28.
Il chiarore della neve caduta durante le ore
notturne amplificava i colori, ovattando invece i rumori intorno
alla Limonaia. Babette e le altre capre sonnecchiavano nei loro
giacigli, non un suono proveniva dalla stalla, mentre i limoni in
vaso che nella bella stagione accoglievano gli ospiti in giardino
se ne stavano al riparo, avvolti nel tessuto e isolati dal terreno
ghiacciato per proteggersi dall’abbondante nevicata della
notte.
Dafne canticchiava in cucina, a proteggerla
dal freddo il maglione di Milan e un paio di calzettoni di maglia,
regalo di Clelia di qualche Natale prima. La moka era sul fornello,
mentre lei riempiva il bollilatte smaltato a fiori di sua nonna,
con il sapore della notte ancora impresso sulla pelle.
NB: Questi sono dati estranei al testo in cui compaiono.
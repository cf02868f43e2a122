-- ===== src/Session/Unique/Laws.antt =====
-- core/session.ts: the uniqueness checks, by the number of times that a target stands in the graph.
use sqlanvil.Base.{
  ◌≤◌, Text, text_eq, none, some, Bool, true, false, List, ◌∷◌, [], ◌++◌, ◌&&◌, ◌||◌, not, contains,
  add, contains-add, contains-append, count, filter_by, filter_by-append, map, if◌then◌else◌, ◌==◌,
  ==_iff, ◌≡◌, refl, ◌↔◌, arith, ◌∙◌, ltb, ltb→le, any, IsDistinct, Bool-cases, inl, inr,
}
use sqlanvil.Targets.{Target, target_eq}
use sqlanvil.Session.Graph.{
  ActionProto, TestProto, CompiledGraph, CompilationError, targets_of, canonical_targets_of,
}
use sqlanvil.Session.Unique.{
  non_unique_from, get_non_unique_targets, checked_actions, is_unique_action, uniqueness_errors,
  all_errors, keep_unique, filtered_actions, remove_non_unique_actions, check_names,
  check_test_name_uniqueness,
}

contains-non_unique_from :
    (ts all found : List Target) (t : Target)
    → contains (non_unique_from all found ts) t
      ≡ (contains found t || (ltb 1 (count t ts) || contains all t && ltb 0 (count t ts)))
contains-non_unique_from [] all found t = ground arith
contains-non_unique_from (x ∷ ts) all found t = ground (
  arith,
  contains-non_unique_from ts (add all x) (if contains all x then add found x else found) t,
  contains-add all x t,
  contains-add found x t,
  ==_iff t x,
)

-- A target is among the non-unique ones exactly when it stands more than once.
contains-non_unique :
    (ts : List Target) (t : Target) → contains (get_non_unique_targets ts) t ≡ ltb 1 (count t ts)
unfolding get_non_unique_targets
contains-non_unique ts t = ground (arith, contains-non_unique_from ts [] [] t)

-- An action's target, and its canonical target, stand once in the checked lists.
abbrev pub stands_once : CompiledGraph → ActionProto → Bool
stands_once g a =
    not (ltb 1 (count a.target (targets_of (checked_actions g))))
    && not (ltb 1 (count a.canonical_target (canonical_targets_of (checked_actions g))))

filter_by-eq {ℓ} :
    {A : Type ℓ} (p q : A → Bool)
    → ((a : A) → p a ≡ q a)
    → (xs : List A) → filter_by p xs ≡ filter_by q xs
filter_by-eq p q h [] = refl
filter_by-eq p q h (x ∷ xs) = ground (arith, h x, filter_by-eq p q h xs)

module _ (g : CompiledGraph) where
  unique_iff :
      (a : ActionProto)
      → is_unique_action
          (get_non_unique_targets (targets_of (checked_actions g)))
          (get_non_unique_targets (canonical_targets_of (checked_actions g)))
          a
        ≡ stands_once g a
  unique_iff a = ground (
    arith,
    contains-non_unique (targets_of (checked_actions g)) a.target,
    contains-non_unique (canonical_targets_of (checked_actions g)) a.canonical_target,
  )

  checked-keep_unique :
      (u c : List Target)
      → checked_actions (keep_unique u c g) ≡ filter_by (is_unique_action u c) (checked_actions g)
  checked-keep_unique u c = let p = is_unique_action u c in simp (filter_by-append p)

  -- Of the checked lists together are left, in their order, the actions whose target and canonical
  -- target each stand once in them.
  pub remove_non_unique_actions-filter :
      checked_actions (remove_non_unique_actions g).0
      ≡ filter_by (stands_once g) (checked_actions g)
  unfolding remove_non_unique_actions
  remove_non_unique_actions-filter =
      checked-keep_unique _ _ ∙ filter_by-eq _ _ unique_iff (checked_actions g)

count-filter-le :
    (p : ActionProto → Bool) (xs : List ActionProto) (t : Target)
    → count t (targets_of (filter_by p xs)) ≤ count t (targets_of xs)
count-filter-le p [] t = omega arith
count-filter-le p (x ∷ xs) t = ground (arith, count-filter-le p xs t)

count-filter-zero :
    (p : ActionProto → Bool) (xs : List ActionProto) (t : Target)
    → ((a : ActionProto) → p a ≡ true → (a.target == t) ≡ false)
    → count t (targets_of (filter_by p xs)) ≡ 0
count-filter-zero p [] t h = refl
count-filter-zero p (x ∷ xs) t h =
    ground (arith, h x, ==_iff x.target t, ==_iff t x.target, count-filter-zero p xs t h)

-- After the pass no target stands twice in the checked lists.
pub remove_non_unique_actions-distinct :
    (g : CompiledGraph) (t : Target)
    → count t (targets_of (checked_actions (remove_non_unique_actions g).0)) ≤ 1
remove_non_unique_actions-distinct g t =
    rw (remove_non_unique_actions-filter g)
      (elim (Bool-cases (ltb 1 (count t (targets_of (checked_actions g))))) [
        | inl many ↦
            let zero_left =
              count-filter-zero (stands_once g) (checked_actions g) t
                (λ a h. ground (arith, ==_iff a.target t)) in
            omega arith
        | inr few ↦ omega (arith, count-filter-le (stands_once g) (checked_actions g) t, ltb→le)
      ])

-- Some error is about an action with this target.
abbrev pub has_error : List CompilationError → Target → Bool
has_error [] t = false
has_error (e ∷ rest) t =
    elim (e.action_target) [ none ↦ false | some u ↦ u == t ] || has_error rest t

has_error-append :
    (xs ys : List CompilationError) (t : Target)
    → has_error (xs ++ ys) t ≡ (has_error xs t || has_error ys t)
has_error-append [] ys t = refl
has_error-append (x ∷ xs) ys t = ground (arith, has_error-append xs ys t)

has_error-one :
    (u c : List Target) (a : ActionProto) (t : Target)
    → has_error (uniqueness_errors u c a) t ≡ (a.target == t && not (is_unique_action u c a))
has_error-one u c a t = ground arith

has_error-all :
    (u c : List Target) (xs : List ActionProto) (t : Target)
    → has_error (all_errors u c xs) t
      ≡ any (λ (a : ActionProto). a.target == t && not (is_unique_action u c a)) xs
has_error-all u c [] t = refl
has_error-all u c (a ∷ xs) t = ground (
  arith,
  has_error-append (uniqueness_errors u c a) (all_errors u c xs) t,
  has_error-one u c a t,
  has_error-all u c xs t,
)

any-eq {ℓ} :
    {A : Type ℓ} (p q : A → Bool) → ((a : A) → p a ≡ q a) → (xs : List A) → any p xs ≡ any q xs
any-eq p q h [] = refl
any-eq p q h (x ∷ xs) = ground (arith, h x, any-eq p q h xs)

-- An error is reported for a target exactly when some checked action with that target is taken out.
pub remove_non_unique_actions-errors :
    (g : CompiledGraph) (t : Target)
    → has_error (remove_non_unique_actions g).1 t
      ≡ any (λ (a : ActionProto). a.target == t && not (stands_once g a)) (filtered_actions g)
unfolding remove_non_unique_actions
remove_non_unique_actions-errors g t =
    has_error-all _ _ (filtered_actions g) t
    ∙ any-eq _ _ (λ a. ground (arith, unique_iff g a)) (filtered_actions g)

abbrev pub names_of : List TestProto → List Text
names_of tests = map (λ (t : TestProto). t.name) tests

-- No name of the list is in `seen`, and none stands twice.
abbrev AllNew : List Text → List Text → Type 0
AllNew seen [] = Unit
AllNew seen (x ∷ xs) = (contains seen x ≡ false) × AllNew (seen ++ x ∷ []) xs

check_names-nil :
    (seen : List Text) (tests : List TestProto)
    → (check_names seen tests ≡ []) ↔ AllNew seen (names_of tests)
check_names-nil seen [] = (λ _. tt, λ _. refl)
check_names-nil seen (t ∷ ts) = ground (arith, check_names-nil (seen ++ t.name ∷ []) ts)

disjoint : List Text → List Text → Bool
disjoint seen [] = true
disjoint seen (x ∷ xs) = not (contains seen x) && disjoint seen xs

disjoint-snoc :
    (seen : List Text) (y : Text) (xs : List Text)
    → disjoint (seen ++ y ∷ []) xs ≡ (disjoint seen xs && not (contains xs y))
unfolding disjoint
disjoint-snoc seen y [] = refl
disjoint-snoc seen y (x ∷ xs) =
    ground (arith, disjoint-snoc seen y xs, contains-append seen (y ∷ []) x, ==_iff x y, ==_iff y x)

AllNew-IsDistinct :
    (seen xs : List Text) → AllNew seen xs ↔ (disjoint seen xs ≡ true) × IsDistinct xs
unfolding disjoint
AllNew-IsDistinct seen [] = (λ _. (refl, tt), λ _. tt)
AllNew-IsDistinct seen (x ∷ xs) =
    ground (arith, AllNew-IsDistinct (seen ++ x ∷ []) xs, disjoint-snoc seen x xs)

disjoint-nil : (xs : List Text) → disjoint [] xs ≡ true
unfolding disjoint
disjoint-nil [] = refl
disjoint-nil (x ∷ xs) = disjoint-nil xs

-- The tests have no error exactly when their names are distinct.
pub check_test_name_uniqueness-nil_iff :
    (tests : List TestProto) → (check_test_name_uniqueness tests ≡ []) ↔ IsDistinct (names_of tests)
unfolding check_test_name_uniqueness
check_test_name_uniqueness-nil_iff tests = ground (
  arith,
  check_names-nil [] tests,
  AllNew-IsDistinct [] (names_of tests),
  disjoint-nil (names_of tests),
)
Lo scroscio dell’acqua nelle tubazioni che
correvano nel soffitto strisciando lungo la parete le indicava che
Milan si stava ancora sbarbando, perciò aveva tutto il tempo
necessario per preparare la colazione natalizia. Prese dal cassetto
il runner di lino grezzo che aveva comprato a Roma e le sue tazze
preferite, quelle bianche da caffellatte con inciso un cuore rosso
in stile tirolese, e dispose sulla tavola un cesto di frutta secca
e pigne trovate in giardino. Vi incastonò quattro candele bianche,
che una volta accese riscaldarono subito l’atmosfera: il profumo
legnoso delle stecche di cannella si diffuse istantaneo nell’aria,
unitamente a quello delle bacche di anice stellato e dei rami
d’abete.
Dafne indietreggiò di un passo per osservare
il suo piccolo capolavoro, la scatola di fiammiferi stretta nel
pugno e nel petto il cuore felice di una bambina.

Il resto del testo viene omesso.